Entries provided
-- ===== src/Sqllog/Log.antt =====
-- pkg/logstructured/sqllog/sql.go: the operations of the log on the database, without the channel that
-- wakes the poll loop. `currentRev` is a cache of the newest revision, 0 while it is not known.
use kine.Prelude.{
  ℕ, Bool, true, false, ◌&&◌, not, Option, none, some, List, [], ◌∷◌, Bytes, ltb, leb, ◌==◌,
  if◌then◌else◌,
}
use kine.Types.{KeyValue, Event, Error, empty_kv, compacted, future_rev}
use kine.Logstructured.Log.{Log}
use kine.Sqllog.Rows.{rows_to_events, Rows}
use kine.Sqllog.Dialect.{Dialect}

pub record SqlLog (D : Type 0) : Type 0 where
  pub current_rev : ℕ
  pub db : D

abbrev pub is_empty : List Event → Bool
is_empty [] = true
is_empty (e ∷ events) = false

-- `e.KV` or `&KeyValue{}`
abbrev pub kv_or_empty : Option KeyValue → KeyValue
kv_or_empty none = empty_kv
kv_or_empty (some kv) = kv

-- `others` is what other goroutines make of `currentRev` between its load and the compare-and-swap;
-- `iterate` is compactIter, and `manual` tells that automatic compaction is off.
module _ {D : Type 0} (d : Dialect D) (others : ℕ → ℕ) (manual : Bool)
    (iterate : ℕ → ℕ → D → (ℕ × ℕ) × D) where
  -- `s.currentRev.CompareAndSwap(old, rev)`
  abbrev pub swapped : ℕ → ℕ → SqlLog D → Bool × SqlLog D
  swapped old rev s =
      let now = others s.current_rev in
      if now == old
      then (true, record s { current_rev = rev })
      else (false, record s { current_rev = now })

  abbrev pub swap_result : ℕ → Bool × SqlLog D → (ℕ × Option Error) × SqlLog D
  swap_result rev (true, s) = ((rev, none), s)
  swap_result rev (false, s) = ((s.current_rev, none), s)

  abbrev pub fetched : SqlLog D → (ℕ × Option Error) × D → (ℕ × Option Error) × SqlLog D
  fetched s ((rev, some e), db) = ((rev, some e), record s { db = db })
  fetched s ((rev, none), db) = swap_result rev (swapped 0 rev (record s { db = db }))

  abbrev pub current_revision : SqlLog D → (ℕ × Option Error) × SqlLog D
  current_revision s =
      if not (s.current_rev == 0)
      then ((s.current_rev, none), s)
      else fetched s (d.current_revision s.db)

  -- a call of the dialect
  abbrev pub called : {A : Type 0} → SqlLog D → A × D → A × SqlLog D
  called s (a, db) = (a, record s { db = db })

  abbrev pub compact_revision : SqlLog D → (ℕ × Option Error) × SqlLog D
  compact_revision s = called s (d.get_compact_revision s.db)

  -- The end of After, from the two revisions on.
  abbrev pub after_checked :
      ℕ → ℕ → ℕ → List Event → Option Error → SqlLog D → (ℕ × List Event × Option Error) × SqlLog D
  after_checked revision rev compact events err s =
      if ltb 0 revision && ltb revision compact
      then ((rev, [], some compacted), s)
      else ((rev, events, err), s)

  -- The revisions are read one after the other; the error of the rows is overwritten.
  abbrev pub after_compact :
      ℕ → ℕ → (ℕ × Option Error) × SqlLog D → (ℕ × List Event × Option Error) × SqlLog D
  after_compact revision rev ((compact, some e), s) = ((0, [], some e), s)
  after_compact revision rev ((compact, none), s) = after_checked revision rev compact [] none s

  abbrev pub after_current :
      ℕ → (ℕ × Option Error) × SqlLog D → (ℕ × List Event × Option Error) × SqlLog D
  after_current revision ((rev, some e), s) = ((0, [], some e), s)
  after_current revision ((rev, none), s) = after_compact revision rev (compact_revision s)

  abbrev pub after_events :
      ℕ → SqlLog D → ℕ × ℕ × List Event × Option Error → (ℕ × List Event × Option Error) × SqlLog D
  after_events revision s (rev, compact, events, err) =
      if ltb 0 revision && is_empty events
      then after_current revision (current_revision s)
      else after_checked revision rev compact events err s

  abbrev pub after_rows :
      ℕ → SqlLog D → (Rows × Option Error) × D → (ℕ × List Event × Option Error) × SqlLog D
  after_rows revision s ((rows, some e), db) = ((0, [], some e), record s { db = db })
  after_rows revision s ((rows, none), db) =
      after_events revision (record s { db = db }) (rows_to_events true true rows)

  unfoldable pub after :
      Bytes → Bytes → ℕ → ℕ → SqlLog D → (ℕ × List Event × Option Error) × SqlLog D
  after key end revision limit s = after_rows revision s (d.after key end revision limit s.db)

  -- The end of List, from the two revisions on.
  abbrev pub list_checked :
      ℕ → ℕ → ℕ → List Event → SqlLog D → (ℕ × List Event × Option Error) × SqlLog D
  list_checked revision rev compact events s =
      if ltb rev revision
      then ((rev, [], some future_rev), s)
      else if ltb 0 revision && ltb revision compact
      then ((rev, [], some compacted), s)
      else ((rev, events, none), s)

  abbrev pub list_compact :
      ℕ → ℕ → (ℕ × Option Error) × SqlLog D → (ℕ × List Event × Option Error) × SqlLog D
  list_compact revision rev ((compact, some e), s) = ((0, [], some e), s)
  list_compact revision rev ((compact, none), s) = list_checked revision rev compact [] s

  abbrev pub list_current_rev :
      ℕ → (ℕ × Option Error) × SqlLog D → (ℕ × List Event × Option Error) × SqlLog D
  list_current_rev revision ((rev, some e), s) = ((0, [], some e), s)
  list_current_rev revision ((rev, none), s) = list_compact revision rev (compact_revision s)

  abbrev pub list_events :
      ℕ → SqlLog D → ℕ × ℕ × List Event × Option Error → (ℕ × List Event × Option Error) × SqlLog D
  list_events revision s (rev, compact, events, some e) = ((0, [], some e), s)
  list_events revision s (rev, compact, [], none) = list_current_rev revision (current_revision s)
  list_events revision s (rev, compact, e ∷ events, none) =
      list_checked revision rev compact (e ∷ events) s

  abbrev pub list_rows :
      ℕ → Bool → SqlLog D → (Rows × Option Error) × D → (ℕ × List Event × Option Error) × SqlLog D
  list_rows revision keys_only s ((rows, some e), db) = ((0, [], some e), record s { db = db })
  list_rows revision keys_only s ((rows, none), db) =
      list_events revision (record s { db = db }) (rows_to_events (not keys_only) false rows)

  unfoldable pub list :
      Bytes → Bytes → ℕ → ℕ → Bool → Bool → SqlLog D → (ℕ × List Event × Option Error) × SqlLog D
  list key end limit revision include_deleted keys_only s =
      let key' = d.translate_start_key key in
      list_rows revision keys_only s (
        if revision == 0
        then d.list_current key' end limit include_deleted keys_only s.db
        else d.list key' end limit revision include_deleted keys_only s.db)

  abbrev pub counted :
      ℕ → SqlLog D → (ℕ × ℕ × ℕ × Option Error) × D → (ℕ × ℕ × Option Error) × SqlLog D
  counted revision s ((rev, compact, rows, some e), db) = ((0, 0, some e), record s { db = db })
  counted revision s ((rev, compact, rows, none), db) =
      if ltb rev revision
      then ((rev, 0, some future_rev), record s { db = db })
      else if ltb revision compact
      then ((rev, 0, some compacted), record s { db = db })
      else ((rev, rows, none), record s { db = db })

  unfoldable pub count : Bytes → Bytes → ℕ → SqlLog D → (ℕ × ℕ × Option Error) × SqlLog D
  count key end revision s =
      let key' = d.translate_start_key key in
      if revision == 0
      then called s (d.count_current key' end s.db)
      else counted revision s (d.count key' end revision s.db)

  -- `current` is the load of `currentRev` before the insert
  abbrev pub inserted : ℕ → SqlLog D → (ℕ × Option Error) × D → (ℕ × Option Error) × SqlLog D
  inserted current s ((rev, some e), db) = ((0, some e), record s { db = db })
  inserted current s ((rev, none), db) =
      ((rev, none), (swapped current rev (record s { db = db })).1)

  unfoldable pub append : Event → SqlLog D → (ℕ × Option Error) × SqlLog D
  append e s =
      let kv = kv_or_empty e.kv in
      let prev = kv_or_empty e.prev_kv in
      inserted s.current_rev s (
        d.insert kv.key e.create e.delete kv.create_revision prev.mod_revision kv.lease kv.value
          s.db)

  unfoldable pub db_size : SqlLog D → (ℕ × Option Error) × SqlLog D
  db_size s = called s (d.get_size s.db)

  -- The errors of the two reads are not looked at.
  abbrev pub compact_from : ℕ → ℕ → (ℕ × Option Error) × SqlLog D → (ℕ × Option Error) × SqlLog D
  compact_from target current ((compact_rev, err), s) =
      if leb target compact_rev
      then ((0, some compacted), s)
      else if manual
      then current_revision (called s (iterate compact_rev target s.db)).1
      else ((current, none), s)

  abbrev pub compact_to : ℕ → (ℕ × Option Error) × SqlLog D → (ℕ × Option Error) × SqlLog D
  compact_to target ((current, err), s) =
      if ltb current target
      then ((0, some future_rev), s)
      else compact_from target current (compact_revision s)

  unfoldable pub compact : ℕ → SqlLog D → (ℕ × Option Error) × SqlLog D
  compact target s = compact_to target (current_revision s)

  -- the log that pkg/logstructured is given
  abbrev pub sql_log : Log (SqlLog D)
  sql_log = record {
    compact_revision = compact_revision;
    current_revision = current_revision;
    list = list;
    count = count;
    after = after;
    append = append;
    db_size = db_size;
    compact = compact;
  }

What this task involves
Copy out the lines beginning at the one that contains "-- The errors". Stop at the final line of the data, and include it.

Solution for this problem
  -- The errors of the two reads are not looked at.
  abbrev pub compact_from : ℕ → ℕ → (ℕ × Option Error) × SqlLog D → (ℕ × Option Error) × SqlLog D
  compact_from target current ((compact_rev, err), s) =
      if leb target compact_rev
      then ((0, some compacted), s)
      else if manual
      then current_revision (called s (iterate compact_rev target s.db)).1
      else ((current, none), s)

  abbrev pub compact_to : ℕ → (ℕ × Option Error) × SqlLog D → (ℕ × Option Error) × SqlLog D
  compact_to target ((current, err), s) =
      if ltb current target
      then ((0, some future_rev), s)
      else compact_from target current (compact_revision s)

  unfoldable pub compact : ℕ → SqlLog D → (ℕ × Option Error) × SqlLog D
  compact target s = compact_to target (current_revision s)

  -- the log that pkg/logstructured is given
  abbrev pub sql_log : Log (SqlLog D)
  sql_log = record {
    compact_revision = compact_revision;
    current_revision = current_revision;
    list = list;
    count = count;
    after = after;
    append = append;
    db_size = db_size;
    compact = compact;
  }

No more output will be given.